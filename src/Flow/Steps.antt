-- ===== src/Flow/Steps.antt =====
-- What one run of a step leaves on disk, in memory and on the terminal.
use jardin.Base.{
  ◌⊎◌, String, ◌<>◌, Bool, true, false, not, ◌&&◌, List, [], ◌∷◌, ◌++◌, ◌≡◌, refl, ap, ◌∙◌, arith,
}
use jardin.Base.{ltb, length, if◌then◌else◌, inr}
use jardin.Flow.Types.{Step, Output}
use jardin.Flow.Stream.{Bytes, max_stream_bytes, take, result}
use jardin.Flow.Kept.{joined, result-write_all}
use jardin.Flow.Mirror.{rendered, written-write_all, flush-off}
use jardin.Flow.Run.{
  Texts, Finished, Process, Execution, Left, step_env_of, child_env, declared_values, new_redactor,
  redact_bytes, captured, finish, run_step,
}

-- A stream as one text: what is kept of it, and whether it was cut.
abbrev pub kept : List Bytes → Bytes × Bool
kept chunks = (take max_stream_bytes (joined chunks), ltb max_stream_bytes (length (joined chunks)))

module _ (io : Texts) where
  captured-result :
      (prefix : String) (redact : String → String) (mirrors : Bool) (chunks : List Bytes)
      → result (captured io prefix redact mirrors chunks) ≡ kept chunks
  captured-result prefix redact mirrors chunks =
      result-write_all (io.bytes prefix) (redact_bytes io redact) mirrors chunks

  abbrev pub held_with : Step → Finished → List String → Bytes × Bool → Bytes × Bool → Output
  held_with step fin declared out err = record {
    stdout = io.text out.0;
    stderr = io.text err.0;
    exit_code = fin.exit_code;
    stdout_cut = out.1;
    stderr_cut = err.1;
    ephemeral = step.ephemeral;
    secrets = declared;
  }

  -- The output of a step in memory, as later steps may use it.
  abbrev pub held : Step → Finished → List String → Output
  held step fin declared = held_with step fin declared (kept fin.out) (kept fin.err)

  abbrev pub out_prefix : Step → String
  out_prefix step = "[" <> (step.name <> "] ")

  abbrev pub err_prefix : Step → String
  err_prefix step = "[" <> (step.name <> "! ")

  abbrev pub declared_of : List String → Step → Execution → List String
  declared_of base step ex =
      declared_values (child_env base (step_env_of step ex.resolved)) step.secret

  abbrev pub process_of : List String → Process → Step → Execution → String ⊎ Finished
  process_of base process step ex =
      let step_env = step_env_of step ex.resolved in process step step_env (child_env base step_env)

  abbrev pub redact_of : List String → Step → Execution → String → String
  redact_of base step ex =
      new_redactor io (child_env base (step_env_of step ex.resolved))
        (declared_of base step ex ++ ex.secret)

  finished :
      (base : List String) (process : Process) (step : Step) (ex : Execution) (fin : Finished)
      → process_of base process step ex ≡ inr fin
      → run_step io base process step ex
        ≡ finish io step ex
            (declared_of base step ex)
            (redact_of base step ex)
            fin
            (captured io
              (out_prefix step)
              (redact_of base step ex)
              (ex.live && not step.ephemeral)
              fin.out)
            (captured io
              (err_prefix step)
              (redact_of base step ex)
              (ex.live && not step.ephemeral)
              fin.err)
  unfolding run_step
  finished base process step ex fin e = rw e refl

  -- A step that runs to its end leaves in memory the first MaxStreamBytes bytes of each stream, unmasked,
  -- marked as cut exactly when there were more, whatever pieces they were written in.
  pub run_step-output :
      (base : List String) (process : Process) (step : Step) (ex : Execution) (fin : Finished)
      → process_of base process step ex ≡ inr fin
      → (run_step io base process step ex).output ≡ held step fin (declared_of base step ex)
  unfolding finish
  run_step-output base process step ex fin e =
      let redact = redact_of base step ex in
      let on = ex.live && not step.ephemeral in
      ap (λ l. l.output) (finished base process step ex fin e) ∙ λ i.
      held_with step fin (declared_of base step ex)
        (captured-result (out_prefix step) redact on fin.out i)
        (captured-result (err_prefix step) redact on fin.err i)

  -- What is on the terminal and in the record of a step after it has run.
  abbrev pub shown : Left → Bytes × Bytes × String × String
  shown l = (l.mirrored.0, l.mirrored.1, l.ran.stdout, l.ran.result.stderr)

  -- An ephemeral step that runs to its end leaves nothing of its output on the terminal or in its record,
  -- and its output in memory is marked so that later steps mask it.
  pub run_step-ephemeral :
      (base : List String) (process : Process) (step : Step) (ex : Execution) (fin : Finished)
      → process_of base process step ex ≡ inr fin
      → step.ephemeral ≡ true
      → (shown (run_step io base process step ex) ≡ ([], [], "", ""))
        × ((run_step io base process step ex).output.ephemeral ≡ true)
  unfolding finish
  run_step-ephemeral base process step ex fin e eph =
      let redact = redact_of base step ex in
      let off : (ex.live && not step.ephemeral) ≡ false = ground (arith, eph) in
      let blank : (text : String) → (if step.ephemeral then "" else text) ≡ "" =
        λ text. rw eph refl in
      let silent : (prefix : String) (chunks : List Bytes)
          → (captured io prefix redact (ex.live && not step.ephemeral) chunks).written ≡ [] =
        λ prefix chunks.
          ap (λ m. (captured io prefix redact m chunks).written) off
          ∙ flush-off (io.bytes prefix) (redact_bytes io redact) chunks in
      let out =
        (result (captured io (out_prefix step) redact (ex.live && not step.ephemeral) fin.out)).0 in
      let err =
        (result (captured io (err_prefix step) redact (ex.live && not step.ephemeral) fin.err)).0 in
      (
        ap shown (finished base process step ex fin e) ∙ λ i. (
          silent (out_prefix step) fin.out i,
          silent (err_prefix step) fin.err i,
          blank (redact (io.text out)) i,
          blank (redact (io.text err)) i,
        ),
        ap (λ l. l.output.ephemeral) (finished base process step ex fin e) ∙ eph,
      )

  -- A step with a live stream that is not ephemeral mirrors each stream line by line, each line masked and
  -- behind the name of the step, whatever pieces it was written in, if masking works line by line and leaves the empty text empty.
  pub run_step-mirrored :
      (base : List String) (process : Process) (step : Step) (ex : Execution) (fin : Finished)
      → process_of base process step ex ≡ inr fin
      → step.ephemeral ≡ false
      → ex.live ≡ true
      → redact_bytes io (redact_of base step ex) [] ≡ []
      → ((as_ bs : Bytes)
          → redact_bytes io (redact_of base step ex) (as_ ++ (10 ∷ bs))
            ≡ redact_bytes io (redact_of base step ex) as_
              ++ (10 ∷ redact_bytes io (redact_of base step ex) bs))
      → (run_step io base process step ex).mirrored ≡ (
        rendered
            (io.bytes (out_prefix step))
            (redact_bytes io (redact_of base step ex))
            (joined fin.out),
        rendered
            (io.bytes (err_prefix step))
            (redact_bytes io (redact_of base step ex))
            (joined fin.err),
      )
  unfolding finish
  run_step-mirrored base process step ex fin e not_eph live empty linewise =
      let redact = redact_of base step ex in
      let on : (ex.live && not step.ephemeral) ≡ true = ground (arith, not_eph, live) in
      let lines : (prefix : String) (chunks : List Bytes)
          → (captured io prefix redact (ex.live && not step.ephemeral) chunks).written
            ≡ rendered (io.bytes prefix) (redact_bytes io redact) (joined chunks) =
        λ prefix chunks.
          ap (λ m. (captured io prefix redact m chunks).written) on
          ∙ written-write_all (io.bytes prefix) (redact_bytes io redact) empty linewise chunks in
      ap (λ l. l.mirrored) (finished base process step ex fin e) ∙ λ i.
      (lines (out_prefix step) fin.out i, lines (err_prefix step) fin.err i)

- - - - -

- INSTRUCTIONS TO FOLLOW
Take every line above where "shown" appears and copy it.

- RESULT OF THE EXERCISE
  abbrev pub shown : Left → Bytes × Bytes × String × String
  shown l = (l.mirrored.0, l.mirrored.1, l.ran.stdout, l.ran.result.stderr)
      → (shown (run_step io base process step ex) ≡ ([], [], "", ""))
        ap shown (finished base process step ex fin e) ∙ λ i. (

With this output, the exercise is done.